WHAT TO DO
What lines below contain the word "went"? Please pull each one out.

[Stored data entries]

[Start of section]

-- ===== src/Repository/Order/Create.antt =====
-- What the transaction of CreateOrder in internal/repository/order.go has done when it succeeds.
use order_processing_system.Base.{
  ℕ, suc, ◌+◌, ◌≤◌, ◌≡◌, refl, List, [], ◌∷◌, ◌++◌, ◌==◌, arith, inl, inr, Bool-cases, All,
}
use order_processing_system.Models.{Time, Order, OrderItem, Payment, Result, ok, err}
use order_processing_system.Database.{Tables, Sequences, Db, Engine, tick, send}
use order_processing_system.Database.Laws.{
  >>=-eq-ok, send-eq-ok, SeqLe, Grows, pure-Grows, fail-Grows, >>=-Grows, send-Grows, Ends, undone,
  committed, transaction-Ends,
}
use order_processing_system.Repository.Order.{
  reserve_items, create_order_row, create_order_body, create_order, insert_order, place_items,
  assign_order, insert_items, insert_payment, update_inventory, covers, take_stock,
}
use order_processing_system.Repository.Order.Stock.{
  stock, demand, shelves, Reserved, reserve_items-Reserved,
}

-- Stored rows say what the items said; only their ids are new.
abbrev pub SameLines : List OrderItem → List OrderItem → Type 0
SameLines [] [] = Unit {0}
SameLines [] (i ∷ is) = ⊥
SameLines (r ∷ rs) [] = ⊥
SameLines (r ∷ rs) (i ∷ is) =
    (r.order_id ≡ i.order_id)
    × (r.product_id ≡ i.product_id)
    × (r.quantity ≡ i.quantity)
    × (r.price_at_purchase ≡ i.price_at_purchase)
    × SameLines rs is

place_items-SameLines :
    (table items rows : List OrderItem) (id : ℕ)
    → place_items table items id ≡ ok rows
    → SameLines rows items
unfolding place_items
place_items-SameLines table [] [] id e = tt
place_items-SameLines table [] (r ∷ rows) id e = cc
place_items-SameLines table (item ∷ items) [] id e = ground arith
place_items-SameLines table (item ∷ items) (r ∷ rows) id e =
    ground
      (arith, place_items-SameLines (table ++ (record item { id = id } ∷ [])) items rows (suc id))

pub demand-SameLines :
    (p : ℕ) (rows items : List OrderItem) → SameLines rows items → demand p rows ≡ demand p items
demand-SameLines p [] [] h = refl
demand-SameLines p [] (i ∷ is) h = absurd h
demand-SameLines p (r ∷ rs) [] h = absurd h
demand-SameLines p (r ∷ rs) (i ∷ is) h = ground (arith, demand-SameLines p rs is)

pub demand-assign_order :
    (p id : ℕ) (items : List OrderItem) → demand p (assign_order id items) ≡ demand p items
demand-assign_order p id [] = refl
demand-assign_order p id (item ∷ items) = ground (arith, demand-assign_order p id items)

pub owned-rows :
    (id : ℕ) (rows items : List OrderItem)
    → SameLines rows (assign_order id items)
    → All (λ r. r.order_id ≡ id) rows
owned-rows id [] items h = tt
owned-rows id (r ∷ rs) [] h = absurd h
owned-rows id (r ∷ rs) (i ∷ is) h = ground (arith, owned-rows id rs is)

pub shelved-rows :
    (id n : ℕ) (f : ℕ → ℕ) (rows items : List OrderItem)
    → SameLines rows (assign_order id items)
    → All (λ i. n ≤ f i.product_id) items
    → All (λ r. n ≤ f r.product_id) rows
shelved-rows id n f [] items h s = tt
shelved-rows id n f (r ∷ rs) [] h s = absurd h
shelved-rows id n f (r ∷ rs) (i ∷ is) h s = ground (arith, shelved-rows id n f rs is)

-- The order row that an insert makes, and the row that it stores.
abbrev pub order_row : Time → ℕ → Order → Order
order_row now id order = record order { id = id; created_at = now; updated_at = now }

abbrev pub payment_row : Time → ℕ → ℕ → Payment → Payment
payment_row now id order_id payment = record payment {
  id = id;
  order_id = order_id;
  created_at = now;
  updated_at = now;
}

insert_order-ok :
    (now : Time) (order : Order) (db : Db) {made : Order} {after : Db}
    → insert_order now order db ≡ (ok made, after)
    → (made ≡ order_row now db.seq.order order)
      × (after ≡ record db {
        tables = record (db.tables) {
          orders = db.tables.orders ++ (record made { items = [] } ∷ []);
        };
        seq = record (db.seq) { order = suc db.seq.order };
      })
unfolding insert_order
insert_order-ok now order db e = ground arith

insert_items-ok :
    (items : List OrderItem) (db : Db) {rows : List OrderItem} {after : Db}
    → insert_items items db ≡ (ok rows, after)
    → SameLines rows items
      × (after.tables ≡ record (db.tables) { order_items = db.tables.order_items ++ rows })
      × (after.seq.order ≡ db.seq.order)
      × (after.seq.payment ≡ db.seq.payment)
unfolding insert_items
insert_items-ok [] db e = cc
insert_items-ok (item ∷ items) db {rows} e =
    ground
      (arith, place_items-SameLines db.tables.order_items (item ∷ items) rows db.seq.order_item)

insert_payment-ok :
    (now : Time) (payment : Payment) (db : Db) {paid : Payment} {after : Db}
    → insert_payment now payment db ≡ (ok paid, after)
    → (paid ≡ payment_row now db.seq.payment payment.order_id payment)
      × (after.tables ≡ record (db.tables) { payments = db.tables.payments ++ (paid ∷ []) })
      × (after.seq ≡ record (db.seq) { payment = suc db.seq.payment })
unfolding insert_payment
insert_payment-ok now payment db e = ground arith

insert_items-Grows : (items : List OrderItem) → Grows (insert_items items)
unfolding insert_items
insert_items-Grows [] = record { grows = λ db. omega arith }
insert_items-Grows (item ∷ items) = record { grows = λ db. ground arith }

insert_payment-Grows : (now : Time) (payment : Payment) → Grows (insert_payment now payment)
unfolding insert_payment
insert_payment-Grows now payment = record { grows = λ db. ground arith }

-- What a committed order has changed: `made` and `paid` are what the caller gets back.
pub record Created (order made : Order) (payment paid : Payment) (old new : Tables)
    (seq seq' : Sequences) : Type 0 where
  pub made_id : made.id ≡ seq.order
  pub made_status : made.status ≡ order.status
  pub made_owner : made.user_id ≡ order.user_id
  pub made_total : made.total_price ≡ order.total_price
  pub paid_id : paid.id ≡ seq.payment
  pub paid_order : paid.order_id ≡ seq.order
  pub paid_status : paid.status ≡ payment.status
  pub paid_amount : paid.amount ≡ payment.amount
  pub paid_key : paid.idempotency_key ≡ payment.idempotency_key
  pub lines : SameLines made.items (assign_order seq.order order.items)
  pub orders : new.orders ≡ old.orders ++ (record made { items = [] } ∷ [])
  pub order_items : new.order_items ≡ old.order_items ++ made.items
  pub payments : new.payments ≡ old.payments ++ (paid ∷ [])
  pub taken : (p : ℕ) → stock p new.inventory + demand p order.items ≡ stock p old.inventory
  pub shelved : (p : ℕ) → shelves p new.inventory ≡ shelves p old.inventory
  pub found : All (λ item. 1 ≤ shelves item.product_id old.inventory) order.items
  pub next_order : seq'.order ≡ suc seq.order
  pub next_payment : seq'.payment ≡ suc seq.payment

-- The four parts of the transaction together.
assemble :
    (order made created : Order) (payment paid row : Payment) (rows : List OrderItem)
    (db d1 d2 d3 d4 after : Db) (now later : Time)
    → Reserved order.items db d1
    → (created ≡ order_row now d1.seq.order order)
      × (d2 ≡ record d1 {
        calls = suc d1.calls;
        tables = record (d1.tables) {
          orders = d1.tables.orders ++ (record created { items = [] } ∷ []);
        };
        seq = record (d1.seq) { order = suc d1.seq.order };
      })
    → SameLines rows (assign_order created.id order.items)
      × (d3.tables ≡ record (d2.tables) { order_items = d2.tables.order_items ++ rows })
      × (d3.seq.order ≡ d2.seq.order)
      × (d3.seq.payment ≡ d2.seq.payment)
    → (row ≡ payment_row later d3.seq.payment created.id payment)
      × (d4.tables ≡ record (d3.tables) { payments = d3.tables.payments ++ (row ∷ []) })
      × (d4.seq ≡ record (d3.seq) { payment = suc d3.seq.payment })
    → (made ≡ record created { items = rows }) × (paid ≡ row) × (after ≡ d4)
    → Created order made payment paid db.tables after.tables db.seq after.seq
assemble order made created payment paid row rows db d1 d2 d3 d4 after now later r o l c e =
    record {
      made_id = ground arith;
      made_status = ground arith;
      made_owner = ground arith;
      made_total = ground arith;
      paid_id = ground arith;
      paid_order = ground arith;
      paid_status = ground arith;
      paid_amount = ground arith;
      paid_key = ground arith;
      lines =
          let same : made.items ≡ rows = ground arith in
          let id : db.seq.order ≡ created.id = ground arith in rw same (rw id l.0);
      orders = ground arith;
      order_items = ground arith;
      payments = ground arith;
      taken = λ p. ground (arith, r.taken p);
      shelved = λ p. ground (arith, r.shelved p);
      found = r.found;
      next_order = ground arith;
      next_payment = ground arith;
    }

module _ (engine : Engine) where
  create_order_row-ok :
      (order : Order) (db : Db) {made : Order} {after : Db}
      → create_order_row engine order db ≡ (ok made, after)
      → (now : Time) × (insert_order now order (tick db) ≡ (ok made, after))
  unfolding create_order_row
  create_order_row-ok order db e =
      (engine.clock db.calls, send-eq-ok engine (λ now. insert_order now order) db (ground arith))

  create_order_body-Created :
      (order made : Order) (payment paid : Payment) (db after : Db)
      → create_order_body engine order payment db ≡ (ok (made, paid), after)
      → Created order made payment paid db.tables after.tables db.seq after.seq
  unfolding create_order_body
  create_order_body-Created order made payment paid db after e =
      >>=-eq-ok (reserve_items engine order.items) _ db e λ u d1 reserved e1.
        >>=-eq-ok (create_order_row engine order) _ d1 e1 λ created d2 inserted e2.
          let store = λ (t : Time). insert_items (assign_order created.id order.items) in
          >>=-eq-ok (send engine store) _ d2 e2 λ rows d3 stored e3.
            let charge =
              λ (t : Time). insert_payment t (record payment { order_id = created.id }) in
            >>=-eq-ok (send engine charge) _ d3 e3 λ row d4 charged e4.
              let (now, placed) = create_order_row-ok order d1 inserted in
              assemble order made created payment paid row rows db d1 d2 d3 d4 after now
                (engine.clock d3.calls) (reserve_items-Reserved engine order.items db d1 reserved)
                (insert_order-ok now order (tick d1) placed)
                (insert_items-ok (assign_order created.id order.items) (tick d2)
                  (send-eq-ok engine store d2 stored))
                (insert_payment-ok _ (record payment { order_id = created.id }) (tick d3)
                  (send-eq-ok engine charge d3 charged))
                (ground arith)

  reserve_items-Grows : (items : List OrderItem) → Grows (reserve_items engine items)
  unfolding reserve_items
  reserve_items-Grows [] = pure-Grows tt
  reserve_items-Grows (item ∷ items) =
      let decrement = λ (now : Time). update_inventory (covers item) (take_stock now item) in
      >>=-Grows (send engine decrement) _
        (send-Grows engine decrement (λ now. record { grows = λ db. omega arith }))
        λ n. elim (Bool-cases (n == 1)) [
          | inl one ↦ rw one (reserve_items-Grows items)
          | inr other ↦ rw other (fail-Grows (Unit {0}) _)
        ]

  create_order_row-Grows : (order : Order) → Grows (create_order_row engine order)
  unfolding create_order_row insert_order
  create_order_row-Grows order = record { grows = λ db. ground arith }

  create_order_body-Grows :
      (order : Order) (payment : Payment) → Grows (create_order_body engine order payment)
  unfolding create_order_body
  create_order_body-Grows order payment =
      >>=-Grows (reserve_items engine order.items) _ (reserve_items-Grows order.items) λ _.
        >>=-Grows (create_order_row engine order) _ (create_order_row-Grows order) λ created.
          let lines = assign_order created.id order.items in
          let store = λ (t : Time). insert_items lines in
          >>=-Grows (send engine store) _ (send-Grows engine store (λ _. insert_items-Grows lines))
            λ rows.
              let charged = record payment { order_id = created.id } in
              let charge = λ (t : Time). insert_payment t charged in
              >>=-Grows (send engine charge) _
                (send-Grows engine charge (λ t. insert_payment-Grows t charged))
                λ paid. pure-Grows _

-- A failed call changes no table. One that succeeds has done all its parts.
abbrev pub CreateOutcome : Order → Payment → Db → Result (Order × Payment) × Db → Type 0
CreateOutcome order payment db (err e, after) = (after.tables ≡ db.tables) × SeqLe db.seq after.seq
CreateOutcome order payment db (ok (made, paid), after) =
    Created order made payment paid db.tables after.tables db.seq after.seq

Ends-CreateOutcome :
    (engine : Engine) (order : Order) (payment : Payment) (db : Db)
    {p : Result (Order × Payment) × Db}
    → Ends (create_order_body engine order payment) db p
    → CreateOutcome order payment db p
Ends-CreateOutcome engine order payment db (undone e after same grown) = (same, grown)
Ends-CreateOutcome engine order payment db (committed (made, paid) after went) =
    create_order_body-Created engine order made payment paid (tick db) after went

-- CreateOrder on every branch: an error leaves all tables as they were; a success has taken each
-- line's quantity from a shelf that covered it, and has stored the order, its items and its payment
-- under fresh ids.
pub create_order_lem :
    (engine : Engine) (order : Order) (payment : Payment) (db : Db)
    → CreateOutcome order payment db (create_order engine order payment db)
unfolding create_order
create_order_lem engine order payment db = Ends-CreateOutcome engine order payment db (
    transaction-Ends engine (create_order_body engine order payment) db
      (create_order_body-Grows engine order payment))
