module _ (engine : Engine) where
  mark_paid_body-PaidBody :
      (payment : Payment) (txn : Text) (db : Db) {b : Bool} {after : Db}
      → mark_paid_body engine payment txn db ≡ (ok b, after)
      → PaidBody payment txn db b after
  unfolding mark_paid_body
  mark_paid_body-PaidBody payment txn db {b = true} {after} e =
      let settle = λ (now : Time). update_payments (still_pending payment.id) (pay now txn) in
      let confirm = λ (now : Time).
        update_orders (order_pending payment.order_id) (move_order now OrderStatus.confirmed) in
      >>=-eq-ok (send engine settle) _ db e λ n d1 guarded e1.
        let g = send-eq-ok engine settle db guarded in
        elim (Bool-cases (n == 1)) [
          | inl one ↦
              >>=-eq-ok (send engine confirm) (λ _. pure true) d1 (rw one at e1)
                λ k d2 moved e2.
                  let m = send-eq-ok engine confirm d1 moved in
                  (
                    two_updates-Moved payment (λ now. pay now txn) OrderStatus.confirmed db d1 d2
                        after n k (engine.clock db.calls) (engine.clock d1.calls) g one m
                        (ground arith) (ground arith),
                    ground arith,
                  )
          | inr other ↦ absurd (cc (rw other at e1))
        ]
  mark_paid_body-PaidBody payment txn db {b = false} {after} e =
      let settle = λ (now : Time). update_payments (still_pending payment.id) (pay now txn) in
      let confirm = λ (now : Time).
        update_orders (order_pending payment.order_id) (move_order now OrderStatus.confirmed) in
      >>=-eq-ok (send engine settle) _ db e λ n d1 guarded e1.
        let g = send-eq-ok engine settle db guarded in
        elim (Bool-cases (n == 1)) [
          | inl one ↦
              >>=-eq-ok (send engine confirm) (λ _. pure true) d1 (rw one at e1)
                λ k d2 moved e2. absurd (cc e2)
          | inr other ↦
              one_update-Lost payment (λ now. pay now txn) db d1 after n (engine.clock db.calls) g
                other (ground (arith, rw other at e1))
        ]

  returned-Restocked :
      (payment : Payment) (db d3 d4 after : Db) (items : List OrderItem)
      → restock_items engine items d3 ≡ (ok tt, d4)
      → items ≡ own_items payment db.tables
      → d3.tables.inventory ≡ db.tables.inventory
      → after.tables.inventory ≡ d4.tables.inventory
      → Restocked payment db.tables after.tables
  returned-Restocked payment db d3 d4 after items went own same last stocked =
      let here : All (λ i. shelves i.product_id d3.tables.inventory ≡ 1) items =
        rw (own, same) stocked in
      let (stocks_back, shelves_kept) = restock_items-returns engine items d3 d4 went here in
      (λ p. ground (arith, stocks_back p), λ p. ground (arith, shelves_kept p))

  abbrev cancel_and_restock : Payment → Query Bool
  cancel_and_restock payment = do
    send engine (λ now.
        update_orders (order_pending payment.order_id) (move_order now OrderStatus.cancelled))
    items ← send engine (λ _. items_of_order payment.order_id)
    restock_items engine items
    pure true

  cancel_and_restock-true :
      (payment : Payment) (db : Db) {after : Db}
      → ¬ (cancel_and_restock payment db ≡ (ok false, after))
  cancel_and_restock-true payment db e =
      let cancel = λ (now : Time).
        update_orders (order_pending payment.order_id) (move_order now OrderStatus.cancelled) in
      let read = λ (now : Time). items_of_order payment.order_id in
      >>=-eq-ok (send engine cancel) _ db e λ k d2 moved e2.
        >>=-eq-ok (send engine read) _ d2 e2 λ items d3 loaded e3.
          >>=-eq-ok (restock_items engine items) (λ _. pure true) d3 e3 λ u d4 returned e4. cc e4

  fail_cancel_body-FailedBody :
      (payment : Payment) (db : Db) {b : Bool} {after : Db}
      → fail_cancel_body engine payment db ≡ (ok b, after)
      → FailedBody payment db b after
  unfolding fail_cancel_body
  fail_cancel_body-FailedBody payment db {b = true} {after} e =
      let settle = λ (now : Time). update_payments (still_pending payment.id) (mark_failed now) in
      let cancel = λ (now : Time).
        update_orders (order_pending payment.order_id) (move_order now OrderStatus.cancelled) in
      let read = λ (now : Time). items_of_order payment.order_id in
      >>=-eq-ok (send engine settle) _ db e λ n d1 guarded e1.
        let g = send-eq-ok engine settle db guarded in
        elim (Bool-cases (n == 1)) [
          | inl one ↦ >>=-eq-ok (send engine cancel) _ d1 (rw one at e1) λ k d2 moved e2.
              let m = send-eq-ok engine cancel d1 moved in
              >>=-eq-ok (send engine read) _ d2 e2 λ items d3 loaded e3.
                let l = send-eq-ok engine read d2 loaded in
                >>=-eq-ok (restock_items engine items) (λ _. pure true) d3 e3
                  λ u d4 returned e4.
                    let kept = restock_items-only engine items d3 d4 returned in
                    (
                      two_updates-Moved payment mark_failed OrderStatus.cancelled db d1 d2 after n k
                          (engine.clock db.calls) (engine.clock d1.calls) g one m
                          (ground (arith, kept)) (ground (arith, kept)),
                      returned-Restocked payment db d3 d4 after items returned (ground arith)
                          (ground arith) (ground arith),
                    )
          | inr other ↦ absurd (cc (rw other at e1))
        ]
  fail_cancel_body-FailedBody payment db {b = false} {after} e =
      let settle = λ (now : Time). update_payments (still_pending payment.id) (mark_failed now) in
      >>=-eq-ok (send engine settle) _ db e λ n d1 guarded e1.
        let g = send-eq-ok engine settle db guarded in
        elim (Bool-cases (n == 1)) [
          | inl one ↦ absurd (cancel_and_restock-true payment d1 (rw one at e1))
          | inr other ↦
              one_update-Lost payment mark_failed db d1 after n (engine.clock db.calls) g other
                (ground (arith, rw other at e1))
        ]

  send_update-Grows :
      (statement : Time → Query ℕ)
      → ((now : Time) (db : Db) → (statement now db).1.seq ≡ db.seq)
      → Grows (send engine statement)
  send_update-Grows statement same =
      send-Grows engine statement λ now. record { grows = λ db. ground (arith, same now db) }

  restock_items-Grows : (items : List OrderItem) → Grows (restock_items engine items)
  unfolding restock_items
  restock_items-Grows [] = pure-Grows tt
  restock_items-Grows (item ∷ items) =
      let restore = λ (now : Time). update_inventory (stocks item) (return_stock now item) in
      >>=-Grows (send engine restore) _ (send_update-Grows restore (λ now db. refl))
        (λ _. restock_items-Grows items)

  mark_paid_body-Grows :
      (payment : Payment) (txn : Text) → Grows (mark_paid_body engine payment txn)
  unfolding mark_paid_body
  mark_paid_body-Grows payment txn =
      let settle = λ (now : Time). update_payments (still_pending payment.id) (pay now txn) in
      let confirm = λ (now : Time).
        update_orders (order_pending payment.order_id) (move_order now OrderStatus.confirmed) in
      >>=-Grows (send engine settle) _ (send_update-Grows settle (λ now db. refl)) λ n.
        elim (Bool-cases (n == 1)) [
          | inl one ↦ rw one (
              >>=-Grows (send engine confirm) _ (send_update-Grows confirm (λ now db. refl))
                (λ _. pure-Grows true))
          | inr other ↦ rw other (pure-Grows false)
        ]

  cancel_and_restock-Grows : (payment : Payment) → Grows (cancel_and_restock payment)
  cancel_and_restock-Grows payment =
      let cancel = λ (now : Time).
        update_orders (order_pending payment.order_id) (move_order now OrderStatus.cancelled) in
      let read = λ (now : Time). items_of_order payment.order_id in
      >>=-Grows (send engine cancel) _ (send_update-Grows cancel (λ now db. refl)) λ _.
        >>=-Grows (send engine read) _
          (send-Grows engine read (λ _. record { grows = λ db. omega arith }))
          λ items.
            >>=-Grows (restock_items engine items) (λ _. pure true) (restock_items-Grows items)
              λ _. pure-Grows true

  fail_cancel_body-Grows : (payment : Payment) → Grows (fail_cancel_body engine payment)
  unfolding fail_cancel_body
  fail_cancel_body-Grows payment =
      let settle = λ (now : Time). update_payments (still_pending payment.id) (mark_failed now) in
      >>=-Grows (send engine settle) _ (send_update-Grows settle (λ now db. refl)) λ n.
        elim (Bool-cases (n == 1)) [
          | inl one ↦ rw one (cancel_and_restock-Grows payment)
          | inr other ↦ rw other (pure-Grows false)
        ]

[End of section]

EXERCISE OUTPUT
Ends-CreateOutcome engine order payment db (committed (made, paid) after went) =
    create_order_body-Created engine order made payment paid (tick db) after went
  returned-Restocked payment db d3 d4 after items went own same last stocked =
      let (stocks_back, shelves_kept) = restock_items-returns engine items d3 d4 went here in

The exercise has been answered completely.